### What the task asks:
Look in the material below for the line with "held_by m [] h = cc" and the line with "(blocked : (i", then set down exactly those two lines and all lines between, nothing more.

### Input:
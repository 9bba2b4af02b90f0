-- ===== src/Rooms/Locks/Holders.antt =====
-- Threads that all wait: who holds the mutexes that they wait for.
use yuwibo_server.Prelude.{
  ℕ, zero, suc, ◌≡◌, ◌≢◌, refl, ap, ◌∙◌, Bool, true, false, ◌||◌, List, [], ◌∷◌, some, arith,
  ==_iff, get_elem?, some-injective, Bool-cases, inl, inr,
}
use yuwibo_server.Rooms.Locks.{
  outside, before_create, before_enter, in_enter, after_enter, before_room, in_room, before_remove,
  in_remove, after_remove, Place, Mutex, of_manager, of_room, holds, is_held, enters, created,
  visited, removes, removed, takes_manager, takes_new_room, takes_room, takes_manager_too,
  IsBlocked, IsCrossed,
}

pub held_by :
    (m : Mutex) (ps : List Place)
    → is_held m ps ≡ true
    → (j : ℕ) × (p : Place) × (get_elem? ps j ≡ some p) × (holds m p ≡ true)
held_by m [] h = cc
held_by m (p ∷ ps) h = elim (Bool-cases (holds m p)) [
  | inl here ↦ (0, p, refl, here)
  | inr other ↦ let (j, q, e, held) = held_by m ps (rest (holds m p) other h) in (suc j, q, e, held)
]
  where
    rest : (b : Bool) → b ≡ false → (b || is_held m ps) ≡ true → is_held m ps ≡ true
    rest true n h = cc
    rest false n h = h

pub is_held_by :
    (m : Mutex) (ps : List Place) (j : ℕ) (p : Place)
    → get_elem? ps j ≡ some p
    → holds m p ≡ true
    → is_held m ps ≡ true
is_held_by m [] j p e h = cc
is_held_by m (q ∷ ps) zero p e h = first (is_held m ps) (ap (holds m) (some-injective e) ∙ h)
  where
    first : (b : Bool) {a : Bool} → a ≡ true → (a || b) ≡ true
    first b h = ground arith
is_held_by m (q ∷ ps) (suc j) p e h = later (holds m q) (is_held_by m ps j p e h)
  where
    later : (a : Bool) {b : Bool} → b ≡ true → (a || b) ≡ true
    later a h = ground arith

module _ (ps : List Place)
    (blocked : (i : ℕ) (p : Place) → get_elem? ps i ≡ some p → p ≢ outside → IsBlocked ps p) where
  -- Of blocked threads, one that holds a room's mutex is to remove the room.
  room_holder :
      (n j : ℕ) (p : Place)
      → get_elem? ps j ≡ some p
      → holds (of_room n) p ≡ true
      → get_elem? ps j ≡ some (before_remove n)
  room_holder n j (in_enter k) f h =
      absurd ((blocked j (in_enter k) f (λ q. cc)).0 after_enter (enters k))
  room_holder n j (in_room k) f h =
      absurd ((blocked j (in_room k) f (λ q. cc)).0 outside (visited k))
  room_holder n j (before_remove k) f h = f ∙ ap (λ x. some (before_remove x)) ((==_iff k n).0 h)
  room_holder n j (in_remove k) f h =
      absurd ((blocked j (in_remove k) f (λ q. cc)).0 (after_remove k) (removes k))
  room_holder n j (after_remove k) f h =
      absurd ((blocked j (after_remove k) f (λ q. cc)).0 outside (removed k))
  room_holder n j outside f h = cc
  room_holder n j before_create f h = cc
  room_holder n j (before_enter k) f h = cc
  room_holder n j after_enter f h = cc
  room_holder n j (before_room k) f h = cc

  abbrev pub Crossed : Type 0
  Crossed = (i : ℕ) × (j : ℕ) × (k : ℕ) × IsCrossed i j k ps

  entering : (i k : ℕ) → get_elem? ps i ≡ some (before_enter k) → Crossed
  entering i k e =
      let (j, p, f, h) =
        held_by (of_room k) ps (
          (blocked i (before_enter k) e (λ q. cc)).1 (of_room k) (in_enter k) (takes_new_room k)) in
      (i, j, k, (e, room_holder k j p f h))

  manager_holder :
      (j : ℕ) (p : Place) → get_elem? ps j ≡ some p → holds of_manager p ≡ true → Crossed
  manager_holder j (before_enter k) f h = entering j k f
  manager_holder j (in_enter k) f h =
      absurd ((blocked j (in_enter k) f (λ q. cc)).0 after_enter (enters k))
  manager_holder j after_enter f h = absurd ((blocked j after_enter f (λ q. cc)).0 outside created)
  manager_holder j (in_remove k) f h =
      absurd ((blocked j (in_remove k) f (λ q. cc)).0 (after_remove k) (removes k))
  manager_holder j outside f h = cc
  manager_holder j before_create f h = cc
  manager_holder j (before_room k) f h = cc
  manager_holder j (in_room k) f h = cc
  manager_holder j (before_remove k) f h = cc
  manager_holder j (after_remove k) f h = cc

  removing : (j k : ℕ) → get_elem? ps j ≡ some (before_remove k) → Crossed
  removing j k e =
      let (i, p, f, h) = held_by of_manager ps (
        (blocked j (before_remove k) e (λ q. cc)).1 of_manager (in_remove k)
          (takes_manager_too k)) in
      manager_holder i p f h

  pub blocked-Crossed : (i : ℕ) (p : Place) → get_elem? ps i ≡ some p → p ≢ outside → Crossed
  blocked-Crossed i outside e inside = absurd (inside refl)
  blocked-Crossed i before_create e inside =
      let (j, p, f, h) =
        held_by of_manager ps
          ((blocked i before_create e inside).1 of_manager (before_enter 0) (takes_manager 0)) in
      manager_holder j p f h
  blocked-Crossed i (before_enter k) e inside = entering i k e
  blocked-Crossed i (in_enter k) e inside =
      absurd ((blocked i (in_enter k) e inside).0 after_enter (enters k))
  blocked-Crossed i after_enter e inside =
      absurd ((blocked i after_enter e inside).0 outside created)
  blocked-Crossed i (before_room k) e inside =
      let (j, p, f, h) =
        held_by (of_room k) ps
          ((blocked i (before_room k) e inside).1 (of_room k) (in_room k) (takes_room k)) in
      removing j k (room_holder k j p f h)
  blocked-Crossed i (in_room k) e inside =
      absurd ((blocked i (in_room k) e inside).0 outside (visited k))
  blocked-Crossed i (before_remove k) e inside = removing i k e
  blocked-Crossed i (in_remove k) e inside =
      absurd ((blocked i (in_remove k) e inside).0 (after_remove k) (removes k))
  blocked-Crossed i (after_remove k) e inside =
      absurd ((blocked i (after_remove k) e inside).0 outside (removed k))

### Response box:
held_by m [] h = cc
held_by m (p ∷ ps) h = elim (Bool-cases (holds m p)) [
  | inl here ↦ (0, p, refl, here)
  | inr other ↦ let (j, q, e, held) = held_by m ps (rest (holds m p) other h) in (suc j, q, e, held)
]
  where
    rest : (b : Bool) → b ≡ false → (b || is_held m ps) ≡ true → is_held m ps ≡ true
    rest true n h = cc
    rest false n h = h

pub is_held_by :
    (m : Mutex) (ps : List Place) (j : ℕ) (p : Place)
    → get_elem? ps j ≡ some p
    → holds m p ≡ true
    → is_held m ps ≡ true
is_held_by m [] j p e h = cc
is_held_by m (q ∷ ps) zero p e h = first (is_held m ps) (ap (holds m) (some-injective e) ∙ h)
  where
    first : (b : Bool) {a : Bool} → a ≡ true → (a || b) ≡ true
    first b h = ground arith
is_held_by m (q ∷ ps) (suc j) p e h = later (holds m q) (is_held_by m ps j p e h)
  where
    later : (a : Bool) {b : Bool} → b ≡ true → (a || b) ≡ true
    later a h = ground arith

module _ (ps : List Place)
    (blocked : (i : ℕ) (p : Place) → get_elem? ps i ≡ some p → p ≢ outside → IsBlocked ps p) where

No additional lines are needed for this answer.